VU University of Amsterdam
Herbert Bos is professor of Security at VU University Amsterdam. He obtained his PhD from Cambridge University, and currently heads a group that works on System Security. In recent years, he received an ERC Starting Grant to work on reverse engineering and a VICI grant to work on techniques to detect vulnerabilities in binaries. He is an author of the Dutch National Cyber Security Research Agenda and the current PC chair of the RAID conference.
Presentation: Mobile Malware Analysis: Promising Directions and Stories to Scare the Kids
Herbert will discuss their work on dynamic malware analysis for Android. Specifically, he will describe TraceDroid: a scalable, automated framework for dynamic analysis of Android applications to detect suspicious, possibly malicious apps using a comprehensive method tracing scheme.
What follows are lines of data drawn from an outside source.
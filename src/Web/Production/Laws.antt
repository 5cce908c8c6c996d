-- ===== src/Web/Production/Laws.antt =====
-- The handlers with the functions of the program itself.
use query_smith.Prelude.{All, ℕ, String, List, [], Option, none, some, true, ◌≡◌, ◌≢◌, refl}
use query_smith.Prelude.Outcome.{
  Exn, ok, err, parse_error, query_validation_error, ollama_client_error,
}
use query_smith.Float.{Float}
use query_smith.Ir.{IrPlan}
use query_smith.Rules.Finding.{Finding}
use query_smith.Narration.Models.{Narration, FixProposal}
use query_smith.Narration.Prompt.{build_prompt}
use query_smith.Narration.PlanSummary.{summarize_plan}
use query_smith.Narration.FixEngine.{propose_fixes}
use query_smith.Narration.FixEngine.Safe.{IsSafeFix}
use query_smith.Json.{Fields}
use query_smith.Narration.Prompt.{build_fix_prompt}
use query_smith.Narration.Response.{read_response}
use query_smith.Narration.FixEngine.Escapes.{Proposes}
use query_smith.Narration.OllamaClient.{Http, generate_json}
use query_smith.Narration.Engine.Degraded.{IsOffline, get_narration-IsOffline}
use query_smith.Db.QuerySafety.{Sqlglot, validate_select_only}
use query_smith.Db.Connection.{ConnectionParams}
use query_smith.Db.Driver.{Driver, connect}
use query_smith.Adapter.Xml.{Lxml}
use query_smith.Web.Schemas.{QueryRequest, ProposeFixRequest}
use query_smith.Web.LastResult.{LastResult, no_result}
use query_smith.Web.Handler.{
  Stores, Reply, reply, http_exception, internal_error, query_report, fix_proposal, exec,
}
use query_smith.Web.Replies.{to_query_response, to_propose_fix_response}
use query_smith.Web.App.{narrated, run_query}
use query_smith.Db.Capture.{capture_plan_xml}
use query_smith.Web.Laws.{Found, exec-run_query}
use query_smith.Web.Production.{production}

module _ (d : Driver) (lx : Lxml) (sg : Sqlglot) {F : Type 0} ⦃fl : Float F⦄ (http : F → Http)
    (now : ℕ) where
  -- The stored result got fixes, each of them safe; or the answer proposes a text on which sqlglot
  -- raises what no clause names; or there was no result.
  pub data Fixed (body : ProposeFixRequest F) (s : Stores F) : Reply F → Type 0 where
    nothing_to_fix : s.last_result.result ≡ none → Fixed body s (http_exception 409 no_result)
    fixed :
        (r : LastResult F) (proposal : FixProposal)
        → s.last_result.result ≡ some r
        → propose_fixes sg r.findings r.plan_summary body.model
            (generate_json (http body.ollama_timeout_s))
          ≡ ok proposal
        → All (IsSafeFix sg r.findings) proposal.fixes
        → Fixed body s (reply (fix_proposal (to_propose_fix_response proposal)))
    unreadable :
        (r : LastResult F) (raw : Option Fields) (reason : Option String) (text : String) (e : Exn)
        → s.last_result.result ≡ some r
        → read_response (
            generate_json
              (http body.ollama_timeout_s)
              (build_fix_prompt r.plan_summary r.findings)
              body.model)
          ≡ ok (raw, reason)
        → Proposes raw text
        → sg.parse text ≡ err e
        → ((m : String) → e ≢ parse_error m)
        → Fixed body s internal_error

  -- If there is a connection and the validation refuses the query, `run_query` replies with status
  -- 422 and the validation's message, the stores stay as they are, and no call reaches the
  -- server.
  pub run_query-Refuses :
      (body : QueryRequest F) (s : Stores F) (p : ConnectionParams F) (message : String)
      → s.session.params ≡ some p
      → validate_select_only sg body.query ≡ err (query_validation_error message)
      → (exec (run_query lx (production d sg http now) body) s ≡ (s, http_exception 422 message))
        × ((capture_plan_xml d sg (connect d) p body.query).0 ≡ [])
  unfolding run_query production capture_plan_xml
  run_query-Refuses body s p message connected refused =
      (rw (connected, refused) refl, rw refused refl)

  -- If the plan captured for a query is analysed and the model's server cannot be used,
  -- `run_query` still replies with the summary and the findings, each explained by Tier 0's own
  -- text, and the reply is marked as degraded with the client's message.
  pub run_query-Offline :
      (body : QueryRequest F) (s : Stores F) (p : ConnectionParams F) (plan : IrPlan F)
      (findings : List Finding) (message : String)
      → s.session.params ≡ some p
      → Found lx (production d sg http now) body p plan findings
      → body.narrate ≡ true
      → generate_json
          (http body.ollama_timeout_s)
          (build_prompt (summarize_plan plan) findings)
          body.model
        ≡ err (ollama_client_error message)
      → (narration : Narration) × IsOffline findings
          (summarize_plan plan)
          body.model
          message
          narration
        × ((exec (run_query lx (production d sg http now) body) s).1
            ≡ reply
                (query_report (to_query_response (summarize_plan plan) findings (some narration))))
  unfolding production narrated
  run_query-Offline body s p plan findings message connected found on failed =
      let (narration, explained, offline) =
        get_narration-IsOffline findings (summarize_plan plan) body.model
          (generate_json (http body.ollama_timeout_s)) message failed in
      let told =
        exec-run_query lx (production d sg http now) body s p plan findings (ok (some narration))
          connected found (rw (on, explained) refl) in
      (narration, offline, rw told refl)
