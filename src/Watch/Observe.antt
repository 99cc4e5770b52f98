-- ===== src/Watch/Observe.antt =====
-- `observe` of wan_watch.py.
use aura_server.Base.{
  ℕ, ◌≡◌, refl, inl, inr, Bool-cases, not, Option, Option-cases, none, some, List, [], ◌∷◌, ◌==◌,
  nat_eq, nat_equals_iff, take, All, Result, ok, err, value_error, if◌then◌else◌,
}
use aura_server.Address.{Parser, is_private, IsPrivate, is_private-IsPrivate}
use aura_server.Firewall.{Ipv4}
use aura_server.Watch.Table.{Event}
use aura_server.Watch.Address.{observed_ipv4}

-- The router's answer to a request for its status page, or the exception instead.
pub record Page : Type 0 where
  pub status : ℕ
  pub body : List ℕ

-- The addresses that were asked, and the result.
pub record Observation : Type 0 where
  pub asked : List ℕ
  pub result : Result (List ℕ)

-- A redirect is an exception, and at most 131073 bytes are read.
abbrev pub read_page : Parser → (List ℕ → Result (List Event)) → Result Page → Result (List ℕ)
read_page parse page (err e) = err e
read_page parse page (ok answer) =
    if not (answer.status == 200)
    then err (value_error "Router status unavailable")
    else observed_ipv4 parse page (take 131073 answer.body)

abbrev pub observe_at :
    Parser → (List ℕ → Result (List Event)) → (ℕ → Result Page) → Option ℕ → Observation
observe_at parse page router none = record { asked = []; result = err (value_error "") }
observe_at parse page router (some address) =
    if not (is_private address)
    then record { asked = []; result = err (value_error "Explicit LAN router IPv4 required") }
    else record { asked = address ∷ []; result = read_page parse page (router address) }

unfoldable pub observe :
    Ipv4 → Parser → (List ℕ → Result (List Event)) → (ℕ → Result Page) → List ℕ → Observation
observe ip parse page router value = observe_at parse page router (ip.address value)

read_page-ok :
    (parse : Parser) (page : List ℕ → Result (List Event)) (r : Result Page) (a : List ℕ)
    → read_page parse page r ≡ ok a
    → (answer : Page) × (r ≡ ok answer)
      × (answer.status ≡ 200)
      × (observed_ipv4 parse page (take 131073 answer.body) ≡ ok a)
read_page-ok parse page (err e) a h = absurd (cc h)
read_page-ok parse page (ok answer) a h = elim (Bool-cases (answer.status == 200)) [
  | inl e ↦ (answer, refl, (nat_equals_iff answer.status 200).0 e, rw e at h)
  | inr e ↦ absurd (cc (rw e at h))
]

-- `observe` asks no address outside RFC 1918; and where it gives an address, the router's text is
-- such an address, its answer has status 200, and `observed_ipv4` gives that address for the first
-- 131073 bytes of the answer.
pub observe_lem :
    (ip : Ipv4) (parse : Parser) (page : List ℕ → Result (List Event)) (router : ℕ → Result Page)
    (value : List ℕ)
    → let o = observe ip parse page router value in
      All IsPrivate o.asked
      × ((a : List ℕ)
          → o.result ≡ ok a
          → (address : ℕ) × (answer : Page) × (ip.address value ≡ some address)
            × IsPrivate address
            × (router address ≡ ok answer)
            × (answer.status ≡ 200)
            × (observed_ipv4 parse page (take 131073 answer.body) ≡ ok a))
unfolding observe
observe_lem ip parse page router value = elim (Option-cases (ip.address value)) [
  | inl e ↦ rw e (tt, λ a h. absurd (cc h))
  | inr (address, e) ↦ elim (Bool-cases (is_private address)) [
    | inr f ↦ rw (e, f) (tt, λ a h. absurd (cc h))
    | inl f ↦
        let near = (is_private-IsPrivate address).0 f in
        rw (e, f)
          (
            (near, tt),
            λ a h.
                let (answer, r, s, o) = read_page-ok parse page (router address) a h in
                (address, answer, refl, near, r, s, o),
          )
  ]
]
Next, he will discuss some of the complex cases for any analysis framework, static or dynamic. In particular, he will describe their research into the problem of stealthy backdoors on Android and iOS devices with code that looks entirely benign, even upon manual inspection, but can be triggered to do anything an attacker does by providing it with the right input data. If time permits, he will discuss a new technique that makes infecting mobile phones as easy as infecting a browser on a desktop PC (literally), reducing two factor authentication using mobile phones to one factor authentication (and bringing users to tears).